Israel não quer que continuemos a documentar o que está a acontecer, mas os jornalistas palestinos decidiram continuar a contar.
Houve algum momento da sua cobertura nestes últimos meses que o marcou particularmente?
Sou inundado por imagens dolorosas. Mas registei especialmente as crianças mortas, algumas delas bebês, a serem retiradas dos escombros, perecendo diante dos nossos olhos. E claro, e embora eu não estivesse lá quando eles morreram, não esqueço os corpos da minha esposa, dos meus filhos, do meu neto... O que posso te dizer? Cada imagem que tive que registrar era pior que a anterior.
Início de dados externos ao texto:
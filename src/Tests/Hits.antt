-- ===== src/Tests/Hits.antt =====
-- Fingerprints, the guard and the matching of versions at concrete inputs.
use kb_backend.Prelude.{
  ℕ, ◌%◌, ◌≡◌, refl, true, false, not, ◌&&◌, some, none, List, [], ◌∷◌, map, filter, any, lookup,
  ◌==◌, Option,
}
use kb_backend.Prelude.Int.{pos}
use kb_backend.Retrieval.Simhash.{modulus, to_signed, to_unsigned}
use kb_backend.Retrieval.Simhash.Distance.{FitsSigned, to_unsigned-to_signed}
use kb_backend.Retrieval.Guard.{Hit, postverify}
use kb_backend.Retrieval.Guard.Checked.{visible_hit, postverify_lem}
use kb_backend.Ingest.Diff.{
  PrevChunk, NewChunk, match_chunks, old_to_new_map, match_loop, by_hash, map_loop,
}
use kb_backend.Ingest.Diff.Matched.{last_with, continues, old_to_new_map-continues}
use kb_backend.Tests.Purge.{world}

to_unsigned-to_signed_example :
    FitsSigned (to_signed 18446744073709551615)
    × (to_unsigned (to_signed 18446744073709551615) ≡ pos (18446744073709551615 % modulus))
to_unsigned-to_signed_example = to_unsigned-to_signed 18446744073709551615

abbrev hit : ℕ → Option ℕ → Hit
hit chunk_id file_id = record { chunk_id = chunk_id; file_id = file_id; page = 1; content = "t" }

-- of the old and of the new version of a file, and of no file
abbrev hits : List Hit
hits = hit 1 (some 7) ∷ hit 2 (some 7) ∷ hit 2 none ∷ []

postverify_lem_example : postverify world.pg.chunks world.pg.files 1 (7 ∷ []) hits ≡ (
  filter (visible_hit world.pg.chunks world.pg.files 1 (7 ∷ [])) hits,
  map
      (λ h. h.chunk_id)
      (filter (λ h. not (visible_hit world.pg.chunks world.pg.files 1 (7 ∷ []) h)) hits),
)
postverify_lem_example = postverify_lem world.pg.chunks world.pg.files 1 (7 ∷ []) hits

abbrev prev : List PrevChunk
prev = record { id = 1; content_hash = 100 } ∷ record { id = 2; content_hash = 200 } ∷ []

abbrev piece : ℕ → ℕ → NewChunk
piece id hash = record {
  chunk_id = id;
  content_hash = hash;
  content = "text";
  section_path = none;
  page = 1;
  chunk_order = 0;
  simhash = 0;
  skip_summary = false;
}

abbrev new_chunks : List NewChunk
new_chunks = piece 11 200 ∷ piece 12 300 ∷ []

mapped : lookup 2 (old_to_new_map (match_chunks new_chunks prev).0 new_chunks) ≡ some 11
unfolding old_to_new_map match_chunks match_loop by_hash map_loop
mapped = refl

old_to_new_map-continues_example :
    any (λ c. (c.chunk_id == 11) && continues 2 (last_with c.content_hash prev)) new_chunks ≡ true
old_to_new_map-continues_example = old_to_new_map-continues new_chunks prev 2 11 mapped
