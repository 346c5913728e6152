-- ===== src/Tests/Models.antt =====
-- The registry of models at concrete inputs.
use kb_backend.Prelude.{
  any, if◌then◌else◌, ℕ, ◌≡◌, refl, true, false, Option, none, some, List, [], ◌∷◌, arith, find,
  ◌>>=◌,
}
use kb_backend.Authz.{AuthDb, Principal, Role, is_tenant_owner, member_role, is_owner_role}
use kb_backend.Http.{http_error, ok}
use kb_backend.Models.{is_default_of, llm, ModelRow, Fernet, ModelSettings, resolve_model}
use kb_backend.Models.Edits.{
  is_storable, NewModel, create_model, Patch, is_own, update_model, update_ep,
}
use kb_backend.Models.Effective.{update_ep-resolve_model}
use kb_backend.Models.Unique.{Edits, here, next, create, update, IsUnique}
use kb_backend.Models.Unique.Updated.{Edits-IsUnique}

abbrev fernet : Fernet
fernet = record { encrypt = λ key. 1; decrypt = λ token. some (1 ∷ []) }

abbrev body : NewModel
body = record {
  kind = some llm;
  is_default = true;
  name = none;
  model_name = some "m";
  provider_type = none;
  base_url = none;
  api_key = 1 ∷ [];
  dim = none;
  max_tokens = none;
}

abbrev make_default : Patch
make_default = record {
  name = none;
  provider_type = none;
  base_url = none;
  model_name = none;
  dim = none;
  max_tokens = none;
  api_key = none;
  is_default = some true;
}

abbrev model : ℕ → Option ℕ → ModelRow
model id tenant_id = record {
  id = id;
  tenant_id = tenant_id;
  name = "m";
  kind = llm;
  provider_type = "openai";
  base_url = none;
  api_key_enc = none;
  model_name = "m";
  dim = none;
  max_tokens = none;
  is_default = false;
  created_at = id;
}

-- a tenant creates two defaults, and makes the first the default again
abbrev table : List ModelRow
table =
    (update_model fernet 1 (some 1) make_default
      (create_model fernet 2 20 (some 1) body (create_model fernet 1 10 (some 1) body []).0).0).0

edited : Edits fernet [] table
edited =
    next (next (next here (create 1 10 (some 1) body [])) (create 2 20 (some 1) body _))
      (update 1 (some 1) make_default _)

none_yet : IsUnique []
none_yet = record { ids = λ m. omega arith; defaults = λ t k. omega arith }

Edits-IsUnique_example : IsUnique table
Edits-IsUnique_example = Edits-IsUnique fernet edited none_yet

abbrev db : AuthDb
db = record {
  members =
      record { user_id = 5; tenant_id = 1; role = Role.owner; department = none; group_name = none }
      ∷ [];
  grants = [];
  kbs = [];
  api_keys = [];
}

abbrev owner : Principal
owner = record { tenant_id = 1; user_id = 5 }

abbrev settings : ModelSettings
settings = record {
  model_api_key = [];
  llm_base_url = "";
  llm_model = "";
  default_llm_max_tokens = 100;
  embed_base_url = "";
  embed_model = "";
  embed_dim = 8;
}

abbrev rows : List ModelRow
rows = model 1 none ∷ model 2 (some 1) ∷ model 3 (some 2) ∷ []

is_owner : is_tenant_owner db owner ≡ true
unfolding is_tenant_owner member_role is_owner_role
is_owner = refl

found : find (is_own 2 (some 1)) rows ≡ some (model 2 (some 1))
unfolding is_own
found = refl

update_ep-resolve_model_example :
    let (answer, rows') = update_ep fernet db owner 2 make_default rows in
    if is_storable make_default
    then (answer ≡ ok tt)
      × ((resolve_model fernet settings (some rows') none llm (some 1) >>= λ c. c.id) ≡ some 2)
    else (answer ≡ http_error 500 "Internal Server Error")
      × (any (is_default_of (some 1) llm) rows' ≡ false)
update_ep-resolve_model_example =
    update_ep-resolve_model fernet db owner settings 2 make_default rows (model 2 (some 1)) is_owner
      found refl
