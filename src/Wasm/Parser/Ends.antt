-- ===== src/Wasm/Parser/Ends.antt =====
-- Parse ends on every input.
use wasm2go.Prelude.{
  ℕ, zero, suc, ◌≤◌, ◌≡◌, ◌≢◌, ap, List, [], ◌∷◌, length, length-append, ltb, arith,
}
use wasm2go.Wasm.Reader.{ok, stuck, wrap, too_long, section, part, header, bad_magic, bad_version}
use wasm2go.Wasm.Reader.Total.{
  Total, Total-bind, Total-pure, Total-fail, Total-if, Total-wrapped, Total-refuse_if,
  Total-read_full, bind-ne-stuck, wrap-ne-stuck,
}
use wasm2go.Wasm.Leb128.Total.{Total-read_u32}
use wasm2go.Wasm.Module.{Module, empty_module}
use wasm2go.Wasm.Parser.Sections.{max_section_payload}
use wasm2go.Wasm.Parser.{
  parse_section, read_section, read_header, check_header, parse_sections, parse,
}
use wasm2go.Wasm.Parser.Local.{read_section-IsLocal}
use wasm2go.Wasm.Parser.Total.{Total-parse_section}

Total-check_header : (hdr : List ℕ) → Total (check_header hdr)
unfolding check_header
Total-check_header (a ∷ b ∷ c ∷ d ∷ e ∷ f ∷ g ∷ h ∷ []) =
    Total-if _ (Total-fail bad_magic) (Total-if _ (Total-fail bad_version) (Total-pure tt))
Total-check_header _ = Total-fail bad_magic

Total-read_header : Total read_header
unfolding read_header
Total-read_header = Total-bind (Total-wrapped (part header) (Total-read_full 8)) Total-check_header

-- One section, its payload parser included.
Total-read_section : (m : Module) (id : ℕ) → Total (read_section m id)
unfolding read_section
Total-read_section m id = Total-bind (Total-wrapped _ Total-read_u32) λ n.
    Total-bind (Total-refuse_if (ltb max_section_payload n) (section id (too_long n))) λ _.
      Total-bind (Total-wrapped _ (Total-read_full n)) λ raw. record {
        on = λ bs.
            bind-ne-stuck (wrap (section id) (parse_section m id raw)) (λ (m', left). ok (m', bs))
              (wrap-ne-stuck (section id) _ ((Total-parse_section m id).on raw)) (λ a e h. cc);
      }

length-read_section :
    (m : Module) (id : ℕ) (bs : List ℕ) (m' : Module) (rest : List ℕ)
    → read_section m id bs ≡ ok (m', rest)
    → length rest ≤ length bs
length-read_section m id bs m' rest h =
    let (used, split, reads) = (read_section-IsLocal m id).split bs m' rest h in
    omega (arith, ap length split, length-append used rest)

parse_sections-ne-stuck :
    (fuel : ℕ) (m : Module) (bs : List ℕ) → length bs ≤ fuel → parse_sections fuel m bs ≢ stuck
unfolding parse_sections
parse_sections-ne-stuck fuel m [] len = λ h. cc
parse_sections-ne-stuck zero m (id ∷ bs) len = absurd (omega arith)
parse_sections-ne-stuck (suc fuel) m (id ∷ bs) len =
    bind-ne-stuck (read_section m id bs) (λ (m', rest). parse_sections fuel m' rest)
      ((Total-read_section m id).on bs)
      (λ (m', rest) e.
        parse_sections-ne-stuck fuel m' rest (omega (arith, length-read_section m id bs m' rest e)))

-- Parse ends on every input: no loop of the model runs out of its fuel.
pub parse-ne-stuck : (bs : List ℕ) → parse bs ≢ stuck
unfolding parse
parse-ne-stuck bs = bind-ne-stuck (read_header bs) _ (Total-read_header.on bs) λ (_, rest) e.
    bind-ne-stuck (parse_sections (length rest) empty_module rest) _
      (parse_sections-ne-stuck (length rest) empty_module rest (omega arith)) (λ m k h. cc)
Parte da sua família ainda está em Gaza.
Tive oito filhos e os cinco que ainda estão vivos saíram de Gaza, mas os meus irmãos, irmãs, sobrinhos e primos ainda estão lá. Todos os dias recebo más notícias: familiares que ficaram feridos e estão com dificuldades de recuperação, parentes que não têm o que comer...
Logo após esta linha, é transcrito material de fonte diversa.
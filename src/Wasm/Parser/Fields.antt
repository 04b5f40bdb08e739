-- ===== src/Wasm/Parser/Fields.antt =====
-- Which field of the module a section sets, and what parseSection lets in.
use wasm2go.Prelude.{
  ℕ, ◌+◌, ◌^◌, ◌≤◌, ◌≡◌, refl, sym, Bool-cases, inl, inr, List, [], ◌∷◌, some, length, not, ◌==◌,
  ==_iff, if◌then◌else◌, ltb, arith,
}
use mathlib.Core.List.{map}
use mathlib.Core.Path.{subst}
use wasm2go.Wasm.Reader.{
  read_full, wrapped, too_long, Reader, ok, IsU32, pure, ◌>>=◌, read_each, entry,
}
use wasm2go.Wasm.Reader.Yields.{
  Yields, Yields-bind, Yields-bind_of, Yields-pure, Yields-fail, Yields-guard, length-read_each,
}
use wasm2go.Wasm.Leb128.{read_u32}
use wasm2go.Wasm.Leb128.Total.{read_u32-IsU32}
use wasm2go.Wasm.Module.{
  Module, FuncType, Import, Function, TableType, MemoryType, Global, Export, ElementSegment,
  DataSegment, Tag,
}
use wasm2go.Wasm.Parser.Counts.{read_count-le}
use wasm2go.Wasm.Parser.Sections.{
  read_count, read_type, parse_type_section, read_import, parse_import_section, parse_tag_section,
  parse_function_section, parse_table_section, parse_memory_section, parse_global_section,
  parse_export_section, read_function, read_table_type, read_memory_type, read_global, read_export,
}
use wasm2go.Wasm.Parser.Segments.{
  max_function_body, parse_element_section, parse_code_section, parse_data_section, read_element,
  read_data, read_body, read_bodies,
}
use wasm2go.Wasm.Parser.{parse_section}

-- At most as many entries as the cap on vectors allows.
abbrev pub Few {ℓ} : {A : Type ℓ} → List A → Type 0
Few xs = length xs ≤ 2 ^ 28

-- `Sets m id m'`: `m'` is `m` with a new value in the field of the section `id`, within the section's
-- limits, and the same in every other field. Custom and DataCount sections have no field.
pub data Sets (m : Module) : ℕ → Module → Type 0 where
  custom : Sets m 0 m
  types : (xs : List FuncType) → Few xs → Sets m 1 (record m { types = xs })
  imports : (xs : List Import) → Few xs → Sets m 2 (record m { imports = xs })
  functions : (xs : List Function) → Few xs → Sets m 3 (record m { functions = xs })
  tables : (xs : List TableType) → Few xs → Sets m 4 (record m { tables = xs })
  memories : (xs : List MemoryType) → Few xs → Sets m 5 (record m { memories = xs })
  globals : (xs : List Global) → Few xs → Sets m 6 (record m { globals = xs })
  exports : (xs : List Export) → Few xs → Sets m 7 (record m { exports = xs })
  start : (idx : ℕ) → IsU32 idx → Sets m 8 (record m { start = some idx })
  elements : (xs : List ElementSegment) → Few xs → Sets m 9 (record m { elements = xs })
  code :
      (xs : List Function)
      → map (λ f. f.type_idx) xs ≡ map (λ f. f.type_idx) m.functions
      → Sets m 10 (record m { functions = xs })
  datas : (xs : List DataSegment) → Few xs → Sets m 11 (record m { datas = xs })
  data_count : Sets m 12 m
  tags : (xs : List Tag) → Few xs → Sets m 13 (record m { tags = xs })

-- A section that is a counted vector.
Yields-vector :
    {A : Type 0} {P : Module → Type 0} (item : ℕ → Reader A) (set : List A → Module)
    → ((xs : List A) → Few xs → P (set xs))
    → Yields (read_count >>= λ n. read_each 0 n item >>= λ xs. pure (set xs)) P
Yields-vector item set h =
    Yields-bind_of read_count-le
      λ n few. Yields-bind_of (length-read_each 0 n item) λ xs e. Yields-pure (h xs (omega arith))

read_body-type_idx : (i : ℕ) (f : Function) → Yields (read_body i f) (λ g. g.type_idx ≡ f.type_idx)
unfolding read_body
read_body-type_idx i f = Yields-bind read_u32 λ size.
    Yields-guard (ltb max_function_body size) (entry i (too_long size)) λ _.
      Yields-bind (wrapped (entry i) (read_full size))
        λ body. Yields-pure {a = record f { body = body }} refl

read_bodies-type_idx :
    (i : ℕ) (fs : List Function)
    → Yields (read_bodies i fs) (λ gs. map (λ f. f.type_idx) gs ≡ map (λ f. f.type_idx) fs)
unfolding read_bodies
read_bodies-type_idx i [] = Yields-pure refl
read_bodies-type_idx i (f ∷ fs) = Yields-bind_of (read_body-type_idx i f) λ g e.
    Yields-bind_of (read_bodies-type_idx (i + 1) fs)
      λ gs es. Yields-pure {a = g ∷ gs} (rw (e, es) refl)

Yields-read_u32 : Yields read_u32 IsU32
Yields-read_u32 = record { post = read_u32-IsU32 }

module _ (m : Module) where
  -- One arm of the switch on the section's id.
  Yields-case :
      (id k : ℕ) {p q : Reader Module}
      → Yields p (Sets m k)
      → Yields q (Sets m id)
      → Yields (if id == k then p else q) (Sets m id)
  Yields-case id k {p} hp hq = elim (Bool-cases (id == k)) [
    | inl e ↦ rw e (subst (λ j. Yields p (Sets m j)) (sym ((==_iff id k).0 e)) hp)
    | inr e ↦ rw e hq
  ]

  parse_code_section-Sets : Yields (parse_code_section m) (Sets m 10)
  unfolding parse_code_section
  parse_code_section-Sets = Yields-bind read_u32 λ n.
      Yields-guard (not (n == length m.functions)) _ λ _.
        Yields-bind_of (read_bodies-type_idx 0 m.functions)
          λ fs e. Yields-pure {a = record m { functions = fs }} (code fs e)

  parse_section-Yields : (id : ℕ) → Yields (parse_section m id) (Sets m id)
  unfolding parse_section parse_type_section parse_import_section parse_function_section
      parse_table_section parse_memory_section parse_global_section parse_export_section
      parse_element_section parse_data_section parse_tag_section
  parse_section-Yields id = Yields-case id 0 (Yields-pure custom) (
      Yields-case id 1 (Yields-vector read_type _ types) (
        Yields-case id 2 (Yields-vector read_import _ imports) (
          Yields-case id 3 (Yields-vector read_function _ functions) (
            Yields-case id 4 (Yields-vector (λ i. read_table_type) _ tables) (
              Yields-case id 5 (Yields-vector (λ i. read_memory_type) _ memories) (
                Yields-case id 6 (Yields-vector read_global _ globals) (
                  Yields-case id 7 (Yields-vector read_export _ exports) (
                    Yields-case id 8
                      (Yields-bind_of Yields-read_u32
                        λ idx h. Yields-pure {a = record m { start = some idx }} (start idx h))
                      (Yields-case id 9 (Yields-vector read_element _ elements) (
                        Yields-case id 10 parse_code_section-Sets (
                          Yields-case id 11 (Yields-vector read_data _ datas) (
                            Yields-case id 12 (Yields-bind read_u32 λ n. Yields-pure data_count) (
                              Yields-case id 13 (Yields-vector _ _ tags)
                                (Yields-fail _))))))))))))))

-- Whatever parseSection accepts, it sets only the field of the section with that id: to at most 2^28
-- entries, for the start section to a number below 2^32, and for the code section to as many functions
-- with the same type indices. A custom and a DataCount section change nothing, and no other id is
-- accepted.
pub parse_section-Sets :
    (m m' : Module) (id : ℕ) (bs left : List ℕ)
    → parse_section m id bs ≡ ok (m', left)
    → Sets m id m'
parse_section-Sets m m' id bs left h = (parse_section-Yields m id).post bs m' left h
Você reiterou que quando sua esposa e seus filhos morreram no bombardeio você não hesitou em continuar seu trabalho.
Acredito na missão humanitária do jornalismo. Nossa missão é continuar informando. Mas, neste momento e por mais que se esforcem, os jornalistas de Gaza só conseguem contar uma pequena parte da barbárie. Desde o início da guerra sempre pensei que deveria trabalhar aconteça o que acontecer, mas diante dos cadáveres dos meus filhos e da minha esposa, que era o pilar da família, duvidei se deveria continuar. Eu decidi continuar. Minha esposa e meus filhos sempre se sacrificaram por mim. Eles não tiveram meu amor e proteção nas guerras para que eu pudesse continuar trabalhando e assumindo minha responsabilidade de contar. Eles morreram e ele iria abandonar? Não. Foi por isso que voltei a trabalhar. Foi um desafio. Porque eu não queria aparecer diante das câmeras de luto ou mesmo falar de mim. Queria contar sobre a guerra de uma forma profissional, como se nada tivesse acontecido comigo. Acho que consegui, mas isso perturbou Israel.
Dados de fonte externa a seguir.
-- ===== src/Wasm/Tests.antt =====
-- Runs of the modelled code on concrete bytes, and the theorems applied to them.
use wasm2go.Prelude.{
  ℕ, ◌≡◌, ◌≢◌, ◌↔◌, ◌^◌, ◌-◌, ◌≤◌, ◌<◌, refl, List, [], ◌∷◌, ◌++◌, length, get_elem?, arith,
}
use wasm2go.Prelude.Int.{ℤ, negsuc}
use wasm2go.Wasm.Reader.{read_each, read_full, ok, stuck}
use wasm2go.Wasm.Leb128.{
  read_u32, read_name, read_u64, read_s32, read_s64, read_s64_bits, read_s64_bits_loop, write_uleb,
  write_sleb,
}
use wasm2go.Wasm.Leb128.Unsigned.{Uleb, read_u64-Uleb_iff}
use wasm2go.Wasm.Leb128.Encoding.{uleb, write_uleb-uleb}
use wasm2go.Wasm.Leb128.Signed.{last_neg, more_neg, pattern64, pattern32, IsInt}
use wasm2go.Wasm.Leb128.Signed.Read.{read_s64-Sleb, read_s32-Sleb}
use wasm2go.Wasm.Leb128.Signed.Write.{sleb, write_sleb-sleb}
use wasm2go.Wasm.Leb128.Signed.Range.{read_s64_bits-IsInt}
use wasm2go.Wasm.Module.{
  Module, Import, FuncType, import_func, import_table, import_memory, import_global, import_tag,
  empty_module, zero_table, zero_memory, zero_global, zero_tag, func_type_of,
}
use wasm2go.Wasm.Module.Index.{imported_type_idxs, func_space, lookup_type, func_type_of-func_space}
use wasm2go.Wasm.Parser.{parse, parse_section}
use wasm2go.Wasm.Parser.Sections.{parse_type_section, parse_import_section, parse_function_section}
use wasm2go.Wasm.Parser.Segments.{parse_code_section}
use wasm2go.Wasm.Parser.Fields.{Sets, parse_section-Sets}
use wasm2go.Wasm.Parser.Ends.{parse-ne-stuck}
use wasm2go.Wasm.Parser.Imports.{count_kind, parse-counts, func_type_of-parse}

-- An imported function of type 0 and a defined one of type 1, which returns a constant.
abbrev two_functions : List ℕ
two_functions =
    0x00 ∷ 0x61 ∷ 0x73 ∷ 0x6d ∷ 0x01 ∷ 0x00 ∷ 0x00 ∷ 0x00 ∷ 0x01 ∷ 0x08 ∷ 0x02 ∷ 0x60 ∷ 0x00 ∷ 0x00
    ∷ 0x60 ∷ 0x00 ∷ 0x01 ∷ 0x7f ∷ 0x02 ∷ 0x07 ∷ 0x01 ∷ 0x01 ∷ 0x6d ∷ 0x01 ∷ 0x66 ∷ 0x00 ∷ 0x00
    ∷ 0x03 ∷ 0x02 ∷ 0x01 ∷ 0x01 ∷ 0x0a ∷ 0x06 ∷ 0x01 ∷ 0x04 ∷ 0x00 ∷ 0x41 ∷ 0x2a ∷ 0x0b ∷ []

abbrev bare_type : FuncType
bare_type = record { params = []; results = [] }

abbrev returns_i32 : FuncType
returns_i32 = record { params = []; results = 0x7f ∷ [] }

abbrev imported : Import
imported = record {
  module_name = 0x6d ∷ [];
  name = 0x66 ∷ [];
  kind = import_func;
  type_idx = 0;
  table = zero_table;
  memory = zero_memory;
  global = zero_global;
  tag = zero_tag;
}

abbrev parsed : Module
parsed = record empty_module {
  types = bare_type ∷ returns_i32 ∷ [];
  imports = imported ∷ [];
  functions = record { type_idx = 1; body = 0x00 ∷ 0x41 ∷ 0x2a ∷ 0x0b ∷ [] } ∷ [];
  num_imported_funcs = 1;
}

parse-two_functions : parse two_functions ≡ ok parsed
unfolding parse read_u32 parse_type_section read_each parse_import_section read_name
    parse_function_section parse_code_section
parse-two_functions = refl

parse-ne-stuck_example : parse two_functions ≢ stuck
parse-ne-stuck_example = parse-ne-stuck two_functions

parse-counts_example :
    (parsed.num_imported_funcs ≡ count_kind import_func parsed.imports)
    × (parsed.num_imported_tables ≡ count_kind import_table parsed.imports)
    × (parsed.num_imported_mems ≡ count_kind import_memory parsed.imports)
    × (parsed.num_imported_globals ≡ count_kind import_global parsed.imports)
    × (parsed.num_imported_tags ≡ count_kind import_tag parsed.imports)
parse-counts_example = parse-counts two_functions parsed parse-two_functions

-- The function after the imported one.
func_type_of-parse_example :
    func_type_of parsed 1 ≡ lookup_type parsed.types (get_elem? (func_space parsed) 1)
func_type_of-parse_example =
    func_type_of-parse two_functions parsed 1 parse-two_functions (omega arith)

func_type_of-func_space_example :
    func_type_of parsed 0 ≡ lookup_type parsed.types (get_elem? (func_space parsed) 0)
unfolding imported_type_idxs
func_type_of-func_space_example = func_type_of-func_space parsed 0 refl (omega arith)

-- A code section of one body, for a module that declared one function.
abbrev declares_one : Module
declares_one = record empty_module { functions = record { type_idx = 7; body = [] } ∷ [] }

abbrev has_body : Module
has_body = record empty_module { functions = record { type_idx = 7; body = 0x00 ∷ 0x0b ∷ [] } ∷ [] }

parse-body : parse_section declares_one 10 (0x01 ∷ 0x02 ∷ 0x00 ∷ 0x0b ∷ []) ≡ ok (has_body, [])
unfolding parse_section parse_code_section read_u32 read_full
parse-body = refl

parse_section-Sets_example : Sets declares_one 10 has_body
parse_section-Sets_example =
    parse_section-Sets declares_one has_body 10 (0x01 ∷ 0x02 ∷ 0x00 ∷ 0x0b ∷ []) [] parse-body

-- 300 in two bytes.
read_u64-Uleb_iff_example : (read_u64 (0xac ∷ 0x02 ∷ 0x07 ∷ []) ≡ ok (300, 0x07 ∷ [])) ↔ (
    (used : List ℕ) × Uleb used 300
    × (0xac ∷ 0x02 ∷ 0x07 ∷ [] ≡ used ++ (0x07 ∷ []))
    × (length used ≤ 10)
    × (300 < 2 ^ 64))
read_u64-Uleb_iff_example =
    read_u64-Uleb_iff (0xac ∷ 0x02 ∷ 0x07 ∷ []) 300 (0x07 ∷ []) (omega arith)

write_uleb-uleb_example : write_uleb (0x23 ∷ []) 300 ≡ ok ((0x23 ∷ []) ++ uleb 300)
write_uleb-uleb_example = write_uleb-uleb (0x23 ∷ []) 300 (omega arith)

-- -1 in two bytes.
read_s64-Sleb_example :
    read_s64 ((0xff ∷ 0x7f ∷ []) ++ (0x0b ∷ [])) ≡ ok (pattern64 (negsuc 0), 0x0b ∷ [])
read_s64-Sleb_example =
    read_s64-Sleb (0x0b ∷ [])
      (more_neg {g = 0} {m = 0} (omega arith) (last_neg {m = 0} (omega arith))) (omega arith)
      (omega arith)

read_s32-Sleb_example :
    read_s32 ((0xff ∷ 0x7f ∷ []) ++ (0x0b ∷ [])) ≡ ok (pattern32 (negsuc 0), 0x0b ∷ [])
read_s32-Sleb_example =
    read_s32-Sleb (0x0b ∷ [])
      (more_neg {g = 0} {m = 0} (omega arith) (last_neg {m = 0} (omega arith))) (omega arith)
      (omega arith)

write_sleb-sleb_example : write_sleb [] (pattern64 (negsuc 99)) ≡ ok ([] ++ sleb (negsuc 99))
write_sleb-sleb_example = write_sleb-sleb [] (negsuc 99) (omega arith)

read_s64_bits_example : read_s64_bits 32 (0x7f ∷ []) ≡ ok (2 ^ 64 - 1, [])
unfolding read_s64_bits read_s64_bits_loop
read_s64_bits_example = refl

read_s64_bits-IsInt_example : (z : ℤ) × IsInt 31 z × (2 ^ 64 - 1 ≡ pattern64 z)
read_s64_bits-IsInt_example =
    read_s64_bits-IsInt (0x7f ∷ []) (2 ^ 64 - 1) [] (omega arith) read_s64_bits_example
Agora que teve de sair de Gaza, acha que a sua voz perdeu força ou legitimidade porque já não está dentro da Faixa?
Sim, de fato. Meu sentimento é de dor e frustração porque não consigo mais cumprir meu dever. Não posso estar onde as coisas acontecem e também não posso ajudar os meus compatriotas que sofrem e os jornalistas que ficaram para trás. Começando pela minha equipe. Às vezes sinto que não posso mais fazer muito, mas continuo me esforçando para fazer a minha parte, vindo, por exemplo, aqui hoje, para Córdoba.
Elogiou a atitude do governo espanhol para com os palestinos, mas serão as palavras suficientes depois de seis meses de bombardeamentos?
É evidente que as pessoas que vivem a vida cotidiana da guerra precisam de mais apoio, de mais alívio... Precisam de mais. A atitude do governo espanhol é muito bem recebida pelos palestinos no meio desta guerra atroz. Valorizamo-la muito, bem como o seu trabalho com outros governos europeus para passar das palavras à ação, para que seja aplicada pressão e um cessar-fogo seja alcançado agora e os palestinos recuperem os seus direitos. Sabemos que é uma tarefa árdua.
Registrei especialmente as crianças mortas, algumas delas bebês, sendo extraídas dos escombros, perecendo diante de nossos olhos.
É difícil projetar e falar sobre o futuro que espera Gaza?
Não pode ser previsto. Ninguém na Faixa sabe o que irá acontecer, se esta guerra terminará dentro de uma semana ou se continuará durante meses. Às vezes fala-se de acordo, de trégua, mas nada acontece e os bombardeios aumentam. A população de Gaza está nervosa, mas teme que isso se prolongue com o tempo, que a guerra seja ainda mais longa.
E como você se sente fisicamente e como imagina seu futuro?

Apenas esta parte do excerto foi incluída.